Script #1 had no shame. It hit Google as fast as possible and didn’t attempt to behave like a ‘normal’ web browser.
Script #2 was a little embarrassed. It pretended to be Mozilla Firefox and only queried Google once every 30 seconds.
Script #3 was downright bashful. It selected a random user agent from a list of 10, and paused between queries for anywhere between 15 and 60 seconds.
The results
Script #3 did the best. That’s hardly a surprise. But the difference is:
- Script #1 was blocked within 3 searches.
- Script #2 was blocked within 10 searches.
- Script #3 was never blocked, and performed 150 searches. That means it pulled 5 pages of ranking data for 150 different keywords.
There’s no way any of these scripts fooled Google. The search engine had to know that scripts 1, 2 and 3 were all scrapers. But it only blocked 1 and 2.
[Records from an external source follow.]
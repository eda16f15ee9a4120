-- ===== src/MaxHeap.antt =====
-- `Heap` of Project1/MyTestMain01.cpp: a binary heap in an array. `none` is an access outside the array.
-- `alloc` gives the contents of a new array of the given size.
pub mod Slots
pub mod Order
pub mod Up
pub mod Down
pub mod Valid
pub mod Insert
pub mod Delete
pub mod Print
pub mod Copy
pub mod Commands
pub mod Numbers
pub mod Dialogue
mod Tests
use exec.Base.{
  ℕ, zero, suc, ◌+◌, ◌-◌, ◌*◌, ◌/◌, Option, none, some, List, [], ◌∷◌, Bool, true, false,
  if◌then◌else◌, ◌>>=◌, ◌==◌, ltb, leb, get_elem?, store_at,
}
use exec.Base.Int.{ℤ, pos, negsuc, ltb_ℤ}

-- `struct Heap` without `heapType`, which is never read; `ar` is the array that it points to, and no
-- cell stands for the null pointer.
pub record Heap : Type 0 where
  pub capacity : ℕ
  pub count : ℕ
  pub ar : List ℤ

-- The constructor, of a capacity that is not negative.
unfoldable pub new_heap : (ℕ → List ℤ) → ℕ → Heap
new_heap alloc capacity = record { capacity = capacity; count = 0; ar = alloc capacity }

-- The choice of `max` in `percolateDown`.
unfoldable pub larger : ℕ → List ℤ → ℕ → ℕ → Option ℕ
larger count ar child top =
    if leb count child
    then some top
    else do x ← get_elem? ar child; y ← get_elem? ar top; some (if ltb_ℤ y x then child else top)

unfoldable pub swap : List ℤ → ℕ → ℕ → Option (List ℤ)
swap ar i j = do
  x ← get_elem? ar i
  temp ← get_elem? ar j
  ar' ← store_at ar j x
  store_at ar' i temp

-- `percolateDown`, on fuel; `none` also when it runs out.
unfoldable pub percolate_down : ℕ → ℕ → ℕ → List ℤ → Option (List ℤ)
percolate_down zero count i ar = none
percolate_down (suc fuel) count i ar = if leb count i then some ar else do
  l ← larger count ar (i * 2 + 1) i
  top ← larger count ar (i * 2 + 2) l
  if top == i then some ar else do ar' ← swap ar i top; percolate_down fuel count top ar'

-- The copy of `count` elements in `resize`.
unfoldable pub copy_cells : ℕ → List ℤ → List ℤ → Option (List ℤ)
copy_cells zero old ar = some ar
copy_cells (suc n) [] ar = none
copy_cells (suc n) (x ∷ old) [] = none
copy_cells (suc n) (x ∷ old) (y ∷ ar) = do ar' ← copy_cells n old ar; some (x ∷ ar')

unfoldable pub resize : (ℕ → List ℤ) → Heap → Option Heap
resize alloc h = do
  ar ← copy_cells h.count h.ar (alloc (h.capacity * 2))
  some (record h { capacity = h.capacity * 2; ar = ar })

-- The loop of `insert` with the store behind it, on fuel.
unfoldable pub sift_up : ℕ → ℤ → ℕ → List ℤ → Option (List ℤ)
sift_up zero data_value i ar = none
sift_up (suc fuel) data_value i ar = if i == 0 then store_at ar i data_value else do
  p ← get_elem? ar ((i - 1) / 2)
  if ltb_ℤ p data_value
      then (do ar' ← store_at ar i p; sift_up fuel data_value ((i - 1) / 2) ar')
      else store_at ar i data_value

unfoldable pub insert : (ℕ → List ℤ) → ℤ → Heap → Option Heap
insert alloc data_value h = do
  h' ← if leb h.capacity h.count then resize alloc h else some h
  ar ← sift_up (h'.count + 1) data_value h'.count h'.ar
  some (record h' { count = h'.count + 1; ar = ar })

-- `deleteMax`: its answer and the heap.
unfoldable pub delete_max : Heap → Option (ℤ × Heap)
delete_max h = if h.count == 0 then some (negsuc 0, h) else do
  data_value ← get_elem? h.ar 0
  last ← get_elem? h.ar (h.count - 1)
  ar ← store_at h.ar 0 last
  ar' ← store_at ar (h.count - 1) (pos 0)
  ar'' ← percolate_down h.count (h.count - 1) 0 ar'
  some (data_value, record h { count = h.count - 1; ar = ar'' })

unfoldable pub build_heap : (ℕ → List ℤ) → List ℤ → Heap → Option Heap
build_heap alloc [] h = some h
build_heap alloc (x ∷ xs) h = do h' ← insert alloc x h; build_heap alloc xs h'

abbrev pub is_minus_one : ℤ → Bool
is_minus_one (pos n) = false
is_minus_one (negsuc n) = n == 0

-- The loop of `operator<<`, on fuel, over the copy of the heap.
unfoldable pub print_values : ℕ → Heap → Option (List ℤ)
print_values zero cp = none
print_values (suc fuel) cp = do
  (x, cp') ← delete_max cp
  if is_minus_one x then some [] else do rest ← print_values fuel cp'; some (x ∷ rest)

-- `operator<<`: the values that it prints behind the size.
unfoldable pub print : Heap → Option (List ℤ)
print h = print_values (h.count + 1) h
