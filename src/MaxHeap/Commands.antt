-- ===== src/MaxHeap/Commands.antt =====
-- The dialogue of `main` in Project1/MyTestMain01.cpp over its heap: lines in, listings out.
use exec.Base.{
  ℕ, zero, suc, ◌+◌, ◌-◌, ◌*◌, ◌^◌, Option, none, some, List, [], ◌∷◌, ◌++◌, Bool, true, false, not,
  ◌&&◌, ◌||◌, if◌then◌else◌, ◌>>=◌, ◌==◌, ltb, leb, drop, map, length,
}
use exec.Base.Int.{ℤ, pos, pos_part}
use exec.MaxHeap.{Heap, delete_max, build_heap, print}
use exec.Chat.Message.{is_digit, is_space, negate}

-- `line.rfind(word) == 0`: the last occurrence of the word is at the start.
abbrev pub starts : List ℕ → List ℕ → Bool
starts [] line = true
starts (w ∷ word) [] = false
starts (w ∷ word) (c ∷ line) = w == c && starts word line

abbrev pub contains : List ℕ → List ℕ → Bool
contains word [] = starts word []
contains word (c ∷ line) = starts word (c ∷ line) || contains word line

unfoldable pub rfind_zero : List ℕ → List ℕ → Bool
rfind_zero word [] = starts word []
rfind_zero word (c ∷ line) = starts word (c ∷ line) && not (contains word line)

abbrev pub same : List ℕ → List ℕ → Bool
same [] [] = true
same [] (d ∷ b) = false
same (c ∷ a) [] = false
same (c ∷ a) (d ∷ b) = c == d && same a b

abbrev pub to_lower : ℕ → ℕ
to_lower c = if leb b'A' c && leb c b'Z' then c + 32 else c

-- `ss >> data`: whether it succeeds, the variable after it, and what is left of the stream.
abbrev pub skip_space : List ℕ → List ℕ
skip_space [] = []
skip_space (c ∷ s) = elim (is_space c) [ true ↦ skip_space s | false ↦ c ∷ s ]

abbrev pub digits_of : ℕ → List ℕ → ℕ × List ℕ
digits_of acc [] = (acc, [])
digits_of acc (c ∷ s) = elim (is_digit c) [
  | true ↦ digits_of (acc * 10 + (c - b'0')) s
  | false ↦ (acc, c ∷ s)
]

abbrev pub in_range : Bool → ℕ → List ℕ → Bool × ℤ × List ℕ
in_range true n rest =
    if leb n (2 ^ 31) then (true, negate n, rest) else (false, negate (2 ^ 31), rest)
in_range false n rest =
    if ltb n (2 ^ 31) then (true, pos n, rest) else (false, pos (2 ^ 31 - 1), rest)

abbrev pub number : Bool → List ℕ → Bool × ℤ × List ℕ
number negative [] = (false, pos 0, [])
number negative (c ∷ s) =
    let (n, rest) = digits_of 0 (c ∷ s) in
    if is_digit c then in_range negative n rest else (false, pos 0, c ∷ s)

abbrev pub after_space : ℤ → List ℕ → Bool × ℤ × List ℕ
after_space old [] = (false, old, [])
after_space old (c ∷ s) =
    if c == b'-' then number true s else if c == b'+' then number false s else number false (c ∷ s)

unfoldable pub extract : ℤ → List ℕ → Bool × ℤ × List ℕ
extract old s = after_space old (skip_space s)

-- `while (ss >> data)`, on fuel: the numbers that it reads.
unfoldable pub read_ints : ℕ → ℤ → List ℕ → Option (List ℤ)
read_ints zero old s = none
read_ints (suc fuel) old s =
    let (ok, x, rest) = extract old s in
    if ok then (do xs ← read_ints fuel x rest; some (x ∷ xs)) else some []

-- What a line writes: the size and the values.
pub data Output : Type 0 where
  listing : ℕ → List ℤ → Output
  raw : ℕ → List ℤ → Output

-- The heap, and the variable `data` of `main`.
pub record Dialogue : Type 0 where
  pub heap : Heap
  pub data_value : ℤ

unfoldable pub delete_many : ℕ → Heap → Option Heap
delete_many zero h = some h
delete_many (suc n) h = do (x, h') ← delete_max h; delete_many n h'

-- The loop of `printraw`.
unfoldable pub raw_values : ℕ → List ℤ → Option (List ℤ)
raw_values zero ar = some []
raw_values (suc n) [] = none
raw_values (suc n) (x ∷ ar) = do xs ← raw_values n ar; some (x ∷ xs)

abbrev pub word_exit : List ℕ
word_exit = b'e' ∷ b'x' ∷ b'i' ∷ b't' ∷ []

abbrev pub word_print : List ℕ
word_print = b'p' ∷ b'r' ∷ b'i' ∷ b'n' ∷ b't' ∷ []

abbrev pub word_printraw : List ℕ
word_printraw = word_print ++ (b'r' ∷ b'a' ∷ b'w' ∷ [])

abbrev pub word_delete : List ℕ
word_delete = b'd' ∷ b'e' ∷ b'l' ∷ b'e' ∷ b't' ∷ b'e' ∷ []

abbrev pub word_deleteall : List ℕ
word_deleteall = word_delete ++ (b'a' ∷ b'l' ∷ b'l' ∷ [])

abbrev pub word_input : List ℕ
word_input = b'i' ∷ b'n' ∷ b'p' ∷ b'u' ∷ b't' ∷ []

-- The two tests that print.
unfoldable pub show : List ℕ → Heap → Option (List Output)
show line h = do
  shown ←
      if same line word_print then (do xs ← print h; some (listing h.count xs ∷ [])) else some []
  raws ←
      if same line word_printraw
      then (do xs ← raw_values h.count h.ar; some (raw h.count xs ∷ []))
      else some []
  some (shown ++ raws)

-- The tests behind that of `delete`, which `continue` passes over.
unfoldable pub rest_of_line : (ℕ → List ℤ) → List ℕ → Dialogue → Option Dialogue
rest_of_line alloc line r = do
  h ← if same line word_deleteall then delete_many r.heap.count r.heap else some r.heap
  h' ←
      if rfind_zero word_input line
      then (do xs ← read_ints (length line + 1) (pos 0) (drop 5 line); build_heap alloc xs h)
      else some h
  some (record r { heap = h' })

unfoldable pub change : (ℕ → List ℤ) → List ℕ → Dialogue → Option Dialogue
change alloc line r =
    if rfind_zero word_delete line
    then (let r' : Dialogue = record r { data_value = (extract r.data_value (drop 6 line)).1 } in
        if pos_part r'.data_value == 0 then some r' else do
          h ← delete_many (pos_part r'.data_value) r.heap
          rest_of_line alloc line (record r' { heap = h }))
    else rest_of_line alloc line r

-- The loop over the lines.
unfoldable pub run : (ℕ → List ℤ) → List (List ℕ) → Dialogue → Option (List Output × Dialogue)
run alloc [] r = some ([], r)
run alloc (l ∷ ls) r =
    let line = map to_lower l in
    if rfind_zero word_exit line then some ([], r) else do
      out ← show line r.heap
      r' ← change alloc line r
      (outs, r'') ← run alloc ls r'
      some (out ++ outs, r'')
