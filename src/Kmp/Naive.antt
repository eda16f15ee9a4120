-- ===== src/Kmp/Naive.antt =====
-- The search that tries every position, and how its result grows with the text.
use exec.Base.{
  ℕ, zero, suc, ◌+◌, ◌-◌, ◌≤◌, ◌<◌, ◌≡◌, inl, inr, refl, ap, sym, ◌∙◌, List, [], ◌∷◌, ◌++◌, arith,
  length, Bool-cases, leb, if◌then◌else◌, true, false, drop, append-nil, length-drop,
}
use exec.MaxHeap.Commands.{starts}
use exec.Kmp.Border.{at, Ends}

-- The positions before `b` at which the pattern stands, found by trying each of them.
abbrev pub below : List ℕ → List ℕ → ℕ → List ℕ
below p s zero = []
below p s (suc b) = below p s b ++ (if starts p (drop b s) then b ∷ [] else [])

abbrev pub naive : List ℕ → List ℕ → List ℕ
naive s p = below p s (length s + 1 - length p)

at-drop : (s : List ℕ) (b k : ℕ) → at (drop b s) k ≡ at s (b + k)
at-drop s zero k = let e : k ≡ 0 + k = omega arith in ap (at s) e
at-drop [] (suc b) k = refl
at-drop (c ∷ s) (suc b) k =
    let e : suc (b + k) ≡ suc b + k = omega arith in at-drop s b k ∙ ap (at (c ∷ s)) e

pub starts-agrees :
    (p t : List ℕ)
    → starts p t ≡ true
    → (length p ≤ length t) × ((k : ℕ) → k < length p → at p k ≡ at t k)
starts-agrees [] t h = (omega arith, (λ k l. absurd (omega arith)))
starts-agrees (w ∷ p) [] h = cc
starts-agrees (w ∷ p) (c ∷ t) h =
    let (len, rest) = starts-agrees p t (ground arith) in
    (omega arith, (λ k l. by_index k l rest (ground arith)))
  where
    by_index :
        (k : ℕ)
        → k < suc (length p)
        → ((k : ℕ) → k < length p → at p k ≡ at t k)
        → w ≡ c
        → at (w ∷ p) k ≡ at (c ∷ t) k
    by_index zero l rest e = e
    by_index (suc k) l rest e = rest k (omega arith)

agrees-starts :
    (p t : List ℕ)
    → length p ≤ length t
    → ((k : ℕ) → k < length p → at p k ≡ at t k)
    → starts p t ≡ true
agrees-starts [] t h f = refl
agrees-starts (w ∷ p) [] h f = absurd (omega arith)
agrees-starts (w ∷ p) (c ∷ t) h f =
    ground
      (arith, f 0 (omega arith), agrees-starts p t (omega arith) (λ k l. f (suc k) (omega arith)))

Ends-starts :
    (p s : List ℕ) (i : ℕ)
    → i ≤ length s
    → Ends p s i (length p)
    → starts p (drop (i - length p) s) ≡ true
Ends-starts p s i h e =
    agrees-starts p (drop (i - length p) s) (omega (arith, length-drop (i - length p) s, e.fits))
      (λ k l. e.agrees k l ∙ sym (at-drop s (i - length p) k))

starts-Ends :
    (p s : List ℕ) (i : ℕ)
    → length p ≤ i
    → starts p (drop (i - length p) s) ≡ true
    → Ends p s i (length p)
starts-Ends p s i h q =
    let (len, same) = starts-agrees p (drop (i - length p) s) q in
    record { fits = h; agrees = λ k l. same k l ∙ at-drop s (i - length p) k }

-- One more character, and the positions known after it.
pub below-hit :
    (p s : List ℕ) (i : ℕ)
    → suc i ≤ length s
    → Ends p s (suc i) (length p)
    → below p s (suc i + 1 - length p) ≡ below p s (i + 1 - length p) ++ ((i + 1 - length p) ∷ [])
below-hit p s i h e =
    let next : suc i + 1 - length p ≡ suc (i + 1 - length p) = omega (arith, e.fits) in
    let here : i + 1 - length p ≡ suc i - length p = omega arith in
    ap (below p s) next
    ∙ ap (λ b. below p s (i + 1 - length p) ++ (if b then (i + 1 - length p) ∷ [] else []))
        (ap (λ b. starts p (drop b s)) here ∙ Ends-starts p s (suc i) h e)

pub below-miss :
    (p s : List ℕ) (i : ℕ)
    → (Ends p s (suc i) (length p) → ⊥)
    → below p s (suc i + 1 - length p) ≡ below p s (i + 1 - length p)
below-miss p s i no_match = elim (Bool-cases (leb (length p) (suc i))) [
  | inl long ↦
      let next : suc i + 1 - length p ≡ suc (i + 1 - length p) = ground arith in
      ap (below p s) next
      ∙ ap (λ b. below p s (i + 1 - length p) ++ (if b then (i + 1 - length p) ∷ [] else []))
          (quiet (ground arith))
      ∙ append-nil (below p s (i + 1 - length p))
  | inr short ↦
      let same : suc i + 1 - length p ≡ i + 1 - length p = ground arith in ap (below p s) same
]
  where
    quiet : length p ≤ suc i → starts p (drop (i + 1 - length p) s) ≡ false
    quiet l = elim (Bool-cases (starts p (drop (suc i - length p) s))) [
      | inl hit ↦ absurd (no_match (starts-Ends p s (suc i) l hit))
      | inr miss ↦
          let here : i + 1 - length p ≡ suc i - length p = omega arith in
          ap (λ b. starts p (drop b s)) here ∙ miss
    ]
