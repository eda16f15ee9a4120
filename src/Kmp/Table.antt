-- ===== src/Kmp/Table.antt =====
-- The inner loop of `getPi` and `kmp` finds the longest prefix to go on from, and `getPi` the table
-- of longest borders.
use exec.Base.{
  ℕ, zero, suc, ◌+◌, ◌-◌, ◌≤◌, ◌<◌, ◌≡◌, ◌≢◌, inl, inr, refl, ap, sym, subst, ◌∙◌, List, arith,
  length, get_elem?-eq-get_or, Bool-cases, ◌==◌, Returns, returns, true, false, replicate, set,
  store_at-eq-set, length-set, get_or-set_self, get_or-set_ne, Returns->>=, length-replicate,
}
use exec.Kmp.{fall_back, pi_step, pi_loop, get_pi}
use exec.Kmp.Border.{
  at, Ends, Ends-zero, Ends-suc, Ends-pred, Ends-inner, Ends-outer, IsLongest, IsTable, IsContinued,
  char_at-eq,
}

-- Falling back once keeps every candidate that the character `c` continues.
pub fall_back-IsContinued :
    (fuel c l i b j : ℕ) (p pi s : List ℕ)
    → j < fuel
    → IsTable p pi l
    → b ≤ suc l
    → b ≤ length p
    → Ends p s i j
    → j < b
    → ((k : ℕ) → k < b → Ends p s i k → at p k ≡ c → k ≤ j)
    → Returns (IsContinued p s i b c) (fall_back fuel c p pi j)
unfolding fall_back
fall_back-IsContinued zero c l i b j p pi s f t bl bp e jb m = absurd (omega arith)
fall_back-IsContinued (suc fuel) c l i b j p pi s f t bl bp e jb m = elim (Bool-cases (j == 0)) [
  | inl root ↦
      let none_left : j ≡ 0 = ground arith in
      rw root (
        returns (record {
          ends = Ends-zero p s i;
          below = omega arith;
          stops = inl refl;
          longest = λ k kb ek q. omega (arith, m k kb ek q);
        }))
  | inr inner ↦
      let pos_j : 0 < j = ground arith in
      rw (inner, char_at-eq p j (omega arith))
        (elim (Bool-cases (c == at p j)) [
          | inl hit ↦
              rw hit
                (returns (record { ends = e; below = jb; stops = inr (ground arith); longest = m }))
          | inr miss ↦
              let border = t.borders j pos_j (omega arith) in
              rw (miss, get_elem?-eq-get_or pi (j - 1) 0 (omega (arith, t.sized)))
                (fall_back-IsContinued fuel c l i b (at pi (j - 1)) p pi s
                  (omega (arith, border.below)) t bl bp (Ends-outer e border.ends)
                  (omega (arith, border.below))
                  (λ k kb ek q.
                    border.longest k (shorter k (m k kb ek q) q (ground arith))
                      (Ends-inner e ek (m k kb ek q))))
        ])
]
  where
    shorter : (k : ℕ) → k ≤ j → at p k ≡ c → c ≢ at p j → k < j
    shorter k h q d = elim (Bool-cases (k == j)) [
      | inl same ↦ absurd (d (sym q ∙ ap (at p) (ground arith)))
      | inr apart ↦ ground arith
    ]

-- What follows from the two ways in which a round can end.
pub continued-IsLongest :
    (i b j : ℕ) (p s : List ℕ)
    → IsContinued p s i b (at s i) j
    → at p j ≡ at s i
    → IsLongest p s (suc i) (suc b) (suc j)
continued-IsLongest i b j p s c h = record {
  ends = Ends-suc c.ends h;
  below = omega (arith, c.below);
  longest = longest;
}
  where
    longest : (k : ℕ) → k < suc b → Ends p s (suc i) k → k ≤ suc j
    longest zero l e = omega arith
    longest (suc k) l e = let (e', q) = Ends-pred e in omega (arith, c.longest k (omega arith) e' q)

pub broken-IsLongest :
    (i b j : ℕ) (p s : List ℕ)
    → IsContinued p s i b (at s i) j
    → at p j ≢ at s i
    → IsLongest p s (suc i) (suc b) j
broken-IsLongest i b j p s c h = record {
  ends = subst (Ends p s (suc i)) (sym none_left) (Ends-zero p s (suc i));
  below = omega (arith, c.below);
  longest = longest;
}
  where
    none_left : j ≡ 0
    none_left = elim c.stops [ inl z ↦ z | inr q ↦ absurd (h q) ]

    longest : (k : ℕ) → k < suc b → Ends p s (suc i) k → k ≤ j
    longest zero l e = omega arith
    longest (suc k) l e =
        let (e', q) = Ends-pred e in
        absurd
          (h (ap (at p) (none_left ∙ omega (arith, none_left, c.longest k (omega arith) e' q)) ∙ q))

-- The state of `getPi` before the round for `i`.
record IsFilled (p : List ℕ) (i j : ℕ) (pi : List ℕ) : Type 0 where
  table : IsTable p pi i
  current : IsLongest p p i i j
  rest : (q : ℕ) → i ≤ q → at pi q ≡ 0

longer-IsTable :
    (p pi pi' : List ℕ) (i j : ℕ)
    → IsTable p pi i
    → i < length p
    → length pi' ≡ length pi
    → ((q : ℕ) → q < i → at pi' q ≡ at pi q)
    → at pi' i ≡ j
    → IsLongest p p (suc i) (suc i) j
    → IsTable p pi' (suc i)
longer-IsTable p pi pi' i j t h len old new b = record {
  sized = len ∙ t.sized;
  within = omega arith;
  borders = λ q pos_q le_q. elim (Bool-cases (q == suc i)) [
    | inl last ↦
        let e : q ≡ suc i = ground arith in
        subst (λ k. IsLongest p p k k (at pi' (k - 1))) (sym e)
          (subst (IsLongest p p (suc i) (suc i)) (sym (ap (at pi') (omega arith) ∙ new)) b)
    | inr before ↦
        subst (IsLongest p p q q) (sym (old (q - 1) (ground arith)))
          (t.borders q pos_q (ground arith))
  ];
}

pi_step-IsFilled :
    (p pi : List ℕ) (i j : ℕ)
    → 0 < i
    → i < length p
    → IsFilled p i j pi
    → Returns (λ (j', pi'). IsFilled p (suc i) j' pi') (pi_step p i j pi)
unfolding pi_step
pi_step-IsFilled p pi i j pos_i h f = rw (char_at-eq p i h) (
    Returns->>=
      (fall_back-IsContinued (j + 1) (at p i) i i i j p pi p (omega arith) f.table (omega arith)
        (omega arith) f.current.ends f.current.below (λ k kb e q. f.current.longest k kb e))
      (λ j' c.
        rw (char_at-eq p j' (omega (arith, c.below, h))) (elim (Bool-cases (at p i == at p j')) [
          | inl hit ↦
              let long = continued-IsLongest i i j' p p c (ground arith) in
              let i_lt : i < length pi = omega (arith, h, f.table.sized) in
              let next = suc_eq j' in
              rw (hit, store_at-eq-set pi i (j' + 1) i_lt)
                (returns (record {
                  table =
                      longer-IsTable p pi (set pi i (j' + 1)) i (suc j') f.table h
                        (length-set pi i (j' + 1))
                        (λ q l. get_or-set_ne pi i q (j' + 1) 0 (λ e. omega arith))
                        (get_or-set_self pi i (j' + 1) 0 i_lt ∙ next) long;
                  current = subst (IsLongest p p (suc i) (suc i)) (sym next) long;
                  rest = λ q l.
                      get_or-set_ne pi i q (j' + 1) 0 (λ e. omega arith) ∙ f.rest q (omega arith);
                }))
          | inr miss ↦
              let short = broken-IsLongest i i j' p p c (λ e. ground (arith, e)) in
              rw miss (
                returns (record {
                  table =
                      longer-IsTable p pi pi i j' f.table h refl (λ q l. refl)
                        (f.rest i (omega arith) ∙ sym (stopped c miss)) short;
                  current = short;
                  rest = λ q l. f.rest q (omega arith);
                }))
        ])))
  where
    suc_eq : (j' : ℕ) → j' + 1 ≡ suc j'
    suc_eq j' = omega arith

    stopped : {j' : ℕ} → IsContinued p p i i (at p i) j' → (at p i == at p j') ≡ false → j' ≡ 0
    stopped {j'} c miss = elim c.stops [ inl z ↦ z | inr q ↦ ground (arith, q) ]

pi_loop-IsTable :
    (n : ℕ) (p pi : List ℕ) (i j : ℕ)
    → 0 < i
    → i + n ≡ length p
    → IsFilled p i j pi
    → Returns (λ pi'. IsTable p pi' (length p)) (pi_loop n p i j pi)
unfolding pi_loop
pi_loop-IsTable zero p pi i j pos_i e f = returns (subst (IsTable p pi) (omega arith) f.table)
pi_loop-IsTable (suc n) p pi i j pos_i e f =
    Returns->>= (pi_step-IsFilled p pi i j pos_i (omega arith) f) (λ (j', pi') f'.
      subst (λ k. Returns (λ pi'. IsTable p pi' (length p)) (pi_loop n p k j' pi')) (suc_eq i)
        (pi_loop-IsTable n p pi' (suc i) j' (omega arith) (omega arith) f'))
  where
    suc_eq : (i : ℕ) → suc i ≡ i + 1
    suc_eq i = omega arith

at-replicate : (n q : ℕ) → at (replicate n 0) q ≡ 0
at-replicate zero q = refl
at-replicate (suc n) zero = refl
at-replicate (suc n) (suc q) = at-replicate n q

-- If its block is given, `getPi` of a pattern that is not empty stays inside it and gives the table of
-- the longest proper borders of all prefixes.
pub get_pi-IsTable :
    (p : List ℕ) → 0 < length p → Returns (λ pi. IsTable p pi (length p)) (get_pi true p)
unfolding get_pi
get_pi-IsTable p h =
    pi_loop-IsTable (length p - 1) p (replicate (length p) 0) 1 0 (omega arith) (omega arith)
      (record {
        table = record {
          sized = length-replicate (length p) 0;
          within = omega arith;
          borders = λ q pos_q le_q.
              subst (λ k. IsLongest p p k k (at (replicate (length p) 0) (k - 1)))
                (one q pos_q le_q)
                (subst (IsLongest p p 1 1) (sym (at-replicate (length p) (1 - 1))) first);
        };
        current = first;
        rest = λ q l. at-replicate (length p) q;
      })
  where
    first : IsLongest p p 1 1 0
    first = record { ends = Ends-zero p p 1; below = omega arith; longest = λ k l e. omega arith }

    one : (q : ℕ) → 0 < q → q ≤ 1 → 1 ≡ q
    one q a b = omega arith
My theory: Script 3 created so small a burden that it wasn’t worth it for Google to block it. Just as important, though, was the fact that script 3 didn’t make itself obvious. Detectable? Absolutely. I didn’t rotate IP addresses or do any other serious concealment. But script 3 behaved like it was, well, embarrassed. And a little contrition goes a long way. If you acknowledge you’re scraping on the square and behave yourself, Google may cut you some slack.
The rules
Based on all of this, here are my guidelines for scraping results:
- Scrape slowly. Don’t pound the crap out of Google or Bing. Make your script pause for at least 20 seconds between queries.
- Scrape randomly. Randomize the amount of time between queries.
- Be a browser. Have a list of typical user agents (browsers). Choose one of those randomly for each query.
Follow all three of these and you’re a well-behaved scraper. Even if Google and Bing figure out what you’re up to, they leave you alone: You’re not a burglar. You’re scouring the gutter for loose change. And they’re OK with that.